Senior Regulatory Affairs Director
Introduction to role: The Senior Regulatory Affairs Director (RAD) leads the development and implementation of global regulatory strategy for one or more products of high complexity and visibility, and may serve as Franchise Global Regulatory Lead (GRL) on complex programmes with multiple indications. Where applicable, this role also operates in a dual capacity, serving as a regional lead based on location, in addition to GRL responsibilities.
Central to this role is ensuring that regulatory strategy delivers rapid approvals with competitive labeling, aligned to the properties of the product(s) and the needs of the business, markets, and patients. The Senior RAD provides team leadership across a large Global Regulatory Strategy Team, including coaching and mentorship, while driving global regulatory deliverables in line with GPT goals.
Externally, the Senior RAD builds and maintains relationships with key regulatory stakeholders, leveraging these to sustain competitive advantage. This is a visible position, recognised as a senior leadership role within the Regulatory Community.
Accountabilities:
• Accountable for leading the development and implementation of the global regulatory strategy for a product/group of products of high complexity and/or spanning multiple indications. This includes providing Regulatory leadership on franchise products with multiple indications and development programs. May serve in dual-role as GRL and regional RAD.
• Ensure that the strategy is designed to deliver rapid approval with competitive labeling in keeping with the properties of the product(s) and the needs identified by the business, markets and patients.

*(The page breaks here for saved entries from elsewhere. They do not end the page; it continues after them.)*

-- ===== src/Storage/Groups/Rows.antt =====
-- Looking a group up before and after the statements on `groups`.
use identity_api.Common.{
  String, ◌≡◌, refl, false, not, ◌&&◌, Option, none, some, List, [], ◌∷◌, ◌++◌, map, ◌==◌, arith,
  any, keep, find?, find?-append, eq_iff, eq_refl, if◌then◌else◌,
}
use identity_api.Types.{PrefixedId, Group}
use identity_api.Storage.Groups.Sql.{has_id, clashes, set_group}

pub any-clashes :
    (g : Group) (gs : List Group) → any (clashes g) gs ≡ false → any (has_id g.id) gs ≡ false
unfolding any clashes
any-clashes g [] h = refl
any-clashes g (r ∷ gs) h = ground (arith, any-clashes g gs)

pub any-clashes_name :
    (g : Group) (gs : List Group)
    → any (clashes g) gs ≡ false
    → any (λ r. r.owner_id == g.owner_id && r.name == g.name) gs ≡ false
unfolding any clashes
any-clashes_name g [] h = refl
any-clashes_name g (r ∷ gs) h = ground (arith, any-clashes_name g gs)

-- An inserted group is the one found under its id.
pub find?-insert :
    (g : Group) (gs : List Group)
    → any (clashes g) gs ≡ false
    → find? (has_id g.id) (gs ++ g ∷ []) ≡ some g
find?-insert g gs h = find?-append (has_id g.id) gs g (any-clashes g gs h) (eq_refl g.id)

pub find?-insert_ne :
    (g : Group) (id : PrefixedId) (gs : List Group)
    → (g.id == id) ≡ false
    → find? (has_id id) (gs ++ g ∷ []) ≡ find? (has_id id) gs
unfolding find?
find?-insert_ne g id [] h = ground arith
find?-insert_ne g id (r ∷ gs) h = ground (arith, find?-insert_ne g id gs h)

abbrev renamed : PrefixedId → String → String → PrefixedId → Option Group → Option Group
renamed id name description other none = none
renamed id name description other (some g) =
    if id == other then some (record g { name = name; description = description }) else some g

-- An update changes the row under its id and no other.
pub find?-set_group :
    (id other : PrefixedId) (name description : String) (gs : List Group)
    → find? (has_id other) (map (set_group id name description) gs)
      ≡ renamed id name description other (find? (has_id other) gs)
unfolding find? set_group
find?-set_group id other name description [] = refl
find?-set_group id other name description (r ∷ gs) = ground (
  arith,
  find?-set_group id other name description gs,
  eq_iff r.id id,
  eq_iff r.id other,
  eq_iff id other,
)

-- A deletion removes the rows under its id and no other.
pub find?-delete :
    (id other : PrefixedId) (gs : List Group)
    → find? (has_id other) (keep (λ g. not (has_id id g)) gs)
      ≡ (if id == other then none else find? (has_id other) gs)
unfolding find? keep
find?-delete id other [] = ground arith
find?-delete id other (r ∷ gs) =
    ground (arith, find?-delete id other gs, eq_iff r.id id, eq_iff r.id other, eq_iff id other)
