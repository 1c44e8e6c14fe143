-- ===== src/Storage/Groups/Lookup.antt =====
-- Groups found under their ids, before and after each operation (internal/storage/groups.go).
use identity_api.Common.{
  String, eq_refl, ◌≡◌, ◌≢◌, refl, true, false, ◌&&◌, ◌||◌, Option, none, some, [], ◌∷◌, ◌++◌, map,
  ◌==◌, arith, any, find?, eq_iff, eq_refl, if◌then◌else◌, ◌⊎◌, inl, inr, Option-cases, Bool-cases,
  find?_sound, find?-eq-none,
}
use identity_api.Types.{PrefixedId, Group, GroupUpdate}
use identity_api.Types.Errors.{
  Failure, db, pq, driver, group_exists, group_name_empty, duplicate_key,
}
use identity_api.Exec.{ok, err, Result-cases}
use identity_api.Platform.{Platform, IsDocumented, View}
use identity_api.Storage.{with_tx}
use identity_api.Storage.Groups.{
  create_group, update_group, delete_group, apply_update, insert_group, fetch_group_by_id,
  group_error,
}
use identity_api.Storage.Groups.Sql.{
  has_id, in_group, clashes, insert_group_row, update_group_row, delete_group_row, set_group,
}
use identity_api.Storage.Groups.Rows.{
  any-clashes, any-clashes_name, find?-insert, find?-insert_ne, find?-set_group, find?-delete,
}
use identity_api.Storage.Groups.Steps.{SameButGroups, view-fetch_group_by_id, fetch_group_by_id_ok}

-- The lookup of one group in the tables of the transaction.
abbrev pub group_at : PrefixedId → View → Option Group
group_at id v = find? (has_id id) v.working.groups

-- A group with the name and the description that an update gives, where it gives them, and the name
-- given is not empty.
abbrev pub IsUpdated : GroupUpdate → Group → Group → Type 0
IsUpdated u old out =
    (out.id ≡ old.id)
    × (out.owner_id ≡ old.owner_id)
    × ((name : String) → u.name ≡ some name → name ≢ "" → out.name ≡ name)
    × ((u.name ≡ none) ⊎ (u.name ≡ some "") → out.name ≡ old.name)
    × ((text : String) → u.description ≡ some text → out.description ≡ text)
    × (u.description ≡ none → out.description ≡ old.description)

IsUpdated-apply :
    (u : GroupUpdate) (old out : Group) → out ≡ apply_update old u → IsUpdated u old out
unfolding apply_update
IsUpdated-apply u old out h = (
  ground (arith, h),
  ground (arith, h),
  λ name given named. ground (arith, h, given, named, eq_iff name ""),
  λ missing. ground (arith, h, missing, eq_refl ""),
  λ text given. ground (arith, h, given),
  λ missing. ground (arith, h, missing),
)

updated_name_empty :
    (u : GroupUpdate) (old out : Group) → out ≡ apply_update old u → out.name ≡ "" → old.name ≡ ""
unfolding apply_update
updated_name_empty u old out same h = elim (Option-cases u.name) [
  | inl e ↦ ground (arith, same, h, e)
  | inr (name, e) ↦ ground (arith, same, h, e, eq_iff name "")
]

group_error_fault : (f : Failure) → f ≢ pq duplicate_key → group_error (db f) ≡ db f
unfolding group_error
group_error_fault (pq code) h = ground (arith, eq_iff code duplicate_key)
group_error_fault (driver n) h = refl

module _ {p : Platform} (d : IsDocumented p) where
  create_group_ok :
      (g out : Group) (w : p.World)
      → (create_group p with_tx g w).0 ≡ ok out
      → ((g.name == "") ≡ false)
        × (any (clashes g) (p.view w).working.groups ≡ false)
        × (out ≡ g)
        × (p.view (create_group p with_tx g w).1 ≡ record (p.view w) {
          working = record ((p.view w).working) { groups = (p.view w).working.groups ++ g ∷ [] };
        })
  unfolding create_group insert_group insert_group_row
  create_group_ok g out w h = ground (
    arith,
    d.exec_law (insert_group_row g) w,
    view-fetch_group_by_id d with_tx g.id (p.exec (insert_group_row g) w).1,
    fetch_group_by_id_ok d g.id (p.exec (insert_group_row g) w).1 out,
    find?-insert g (p.view w).working.groups,
  )

  update_group_ok :
      (id : PrefixedId) (u : GroupUpdate) (old : Group) (out : Group) (w : p.World)
      → (update_group p with_tx id u w).0 ≡ ok out
      → (fetch_group_by_id p with_tx id w).0 ≡ ok old
      → (out ≡ apply_update old u)
        × (p.view (update_group p with_tx id u w).1 ≡ record (p.view w) {
          working = record ((p.view w).working) {
            groups = map (set_group old.id out.name out.description) (p.view w).working.groups;
          };
        })
  unfolding update_group update_group_row
  update_group_ok id u old out w h e = ground (
    arith,
    e,
    view-fetch_group_by_id d with_tx id w,
    d.exec_law (update_group_row (apply_update old u).name (apply_update old u).description old.id)
        (fetch_group_by_id p with_tx id w).1,
  )

  -- When `CreateGroup` returns a group, it is the one given; its name is not empty, no group had its
  -- id, and no group of its owner had its name; it is then found under its id, every other lookup
  -- answers as before, and nothing else has changed.
  pub create_group-group_at :
      (g out : Group) (w : p.World)
      → (create_group p with_tx g w).0 ≡ ok out
      → let after = p.view (create_group p with_tx g w).1 in
        (out ≡ g)
        × (g.name ≢ "")
        × (group_at g.id (p.view w) ≡ none)
        × (any (λ r. r.owner_id == g.owner_id && r.name == g.name) (p.view w).working.groups
            ≡ false)
        × ((id : PrefixedId)
            → group_at id after ≡ (if g.id == id then some g else group_at id (p.view w)))
        × SameButGroups (p.view w) after
  create_group-group_at g out w h =
      let (named, free, same, after) = create_group_ok g out w h in
      let gs = (p.view w).working.groups in
      (
        same,
        ground (arith, named, eq_iff g.name ""),
        find?-eq-none (has_id g.id) gs (any-clashes g gs free),
        any-clashes_name g gs free,
        λ id.
            ground (arith, after, eq_iff g.id id, find?-insert g gs free, find?-insert_ne g id gs),
        ground (arith, after),
      )

  -- `CreateGroup` with an empty name returns ErrGroupNameEmpty; with a name, and an id or an owner
  -- and name that are taken, it returns ErrGroupExists or another database failure. Nothing has
  -- changed in either case.
  pub create_group_refused :
      (g : Group) (w : p.World)
      → ((g.name == "") || any (clashes g) (p.view w).working.groups) ≡ true
      → (((create_group p with_tx g w).0
            ≡ err (if g.name == "" then group_name_empty else group_exists))
          ⊎ ((f : Failure) × ((create_group p with_tx g w).0 ≡ err (db f))
              × (f ≢ pq duplicate_key)
              × (g.name ≢ "")))
        × (p.view (create_group p with_tx g w).1 ≡ p.view w)
  unfolding create_group insert_group insert_group_row
  create_group_refused g w h = elim (Bool-cases (g.name == "")) [
    | inl empty ↦ (inl (ground (arith, empty)), ground (arith, empty))
    | inr named ↦ elim (d.exec_law (insert_group_row g) w) [
      | inl (f, failed, other, same) ↦ (
        inr (
          f,
          ground (arith, named, failed, group_error_fault f other),
          other,
          ground (arith, named, eq_iff g.name ""),
        ),
        ground (arith, named, failed, same),
      )
      | inr (refused, same) ↦ (
        inl (ground (arith, named, refused, h, eq_refl duplicate_key)),
        ground (arith, named, refused, same, h),
      )
    ]
  ]

  -- When `UpdateGroup` returns a group, the group was there; the result has its id and owner, the
  -- new name if one is given that is not empty, and the new description if one is given; it is found
  -- under the id, every other lookup answers as before, and nothing but `groups` has changed.
  pub update_group-group_at :
      (id : PrefixedId) (u : GroupUpdate) (out : Group) (w : p.World)
      → (update_group p with_tx id u w).0 ≡ ok out
      → let after = p.view (update_group p with_tx id u w).1 in
        (old : Group) × (group_at id (p.view w) ≡ some old)
        × IsUpdated u old out
        × ((out.name ≡ "") → (old.name ≡ ""))
        × ((other : PrefixedId)
            → group_at other after ≡ (if id == other then some out else group_at other (p.view w)))
        × SameButGroups (p.view w) after
  unfolding update_group apply_update
  update_group-group_at id u out w h = elim (Result-cases (fetch_group_by_id p with_tx id w).0) [
    | inl (old, e) ↦
        let found = fetch_group_by_id_ok d id w old e in
        let (same, after) = update_group_ok id u old out w h e in
        let key = (eq_iff old.id id).0 (find?_sound (has_id id) _ old found) in
        (
          old,
          found,
          IsUpdated-apply u old out same,
          updated_name_empty u old out same,
          λ other. ground (
            arith,
            after,
            same,
            found,
            key,
            eq_iff id other,
            find?-set_group old.id other out.name out.description (p.view w).working.groups,
          ),
          ground (arith, after),
        )
    | inr (f, e) ↦ ground (arith, e)
  ]

  -- When `DeleteGroup` returns without error, the group was there and had no member; it is no longer
  -- found, every other lookup answers as before, and nothing but `groups` has changed.
  pub delete_group-group_at :
      (id : PrefixedId) (w : p.World)
      → (delete_group p with_tx id w).0 ≡ ok tt
      → let after = p.view (delete_group p with_tx id w).1 in
        (group_at id (p.view w) ≢ none)
        × (any (in_group id) (p.view w).working.group_members ≡ false)
        × ((other : PrefixedId)
            → group_at other after ≡ (if id == other then none else group_at other (p.view w)))
        × SameButGroups (p.view w) after
  unfolding delete_group delete_group_row
  delete_group-group_at id w h = elim (Result-cases (fetch_group_by_id p with_tx id w).0) [
    | inl (old, e) ↦
        let w1 = (fetch_group_by_id p with_tx id w).1 in
        let same = view-fetch_group_by_id d with_tx id w in
        let law = d.exec_law (delete_group_row id) w1 in
        (
          ground (arith, fetch_group_by_id_ok d id w old e),
          ground (arith, e, same, law),
          λ other. ground (arith, e, same, law, find?-delete id other (p.view w).working.groups),
          ground (arith, e, same, law),
        )
    | inr (f, e) ↦ ground (arith, e)
  ]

• Lead a Global Regulatory Strategy Team (GRST) responsible for specific indications/programs within the franchise, key contributing members from the regions, emerging markets, RA CMC, Labeling and members of the submission and execution team. Participate in coaching and performance feedback to members of your GRST.
• Lead the objective assessment of emerging data against aspirations and update senior management on project risks/mitigation activities.
• Represent Regulatory Affairs on Global Product Teams (GPTs) providing strategic Regulatory advice and accountable for all Regulatory activities.
• Accountable for the delivery of all regulatory milestones on your team including assessment of the probability of regulatory success based on a thorough assessment of regulatory risks and mitigations. You will lead preparation of the regulatory strategy document and target product labeling.
• Demonstrate strategic leadership skills thereby contributing to effective product development.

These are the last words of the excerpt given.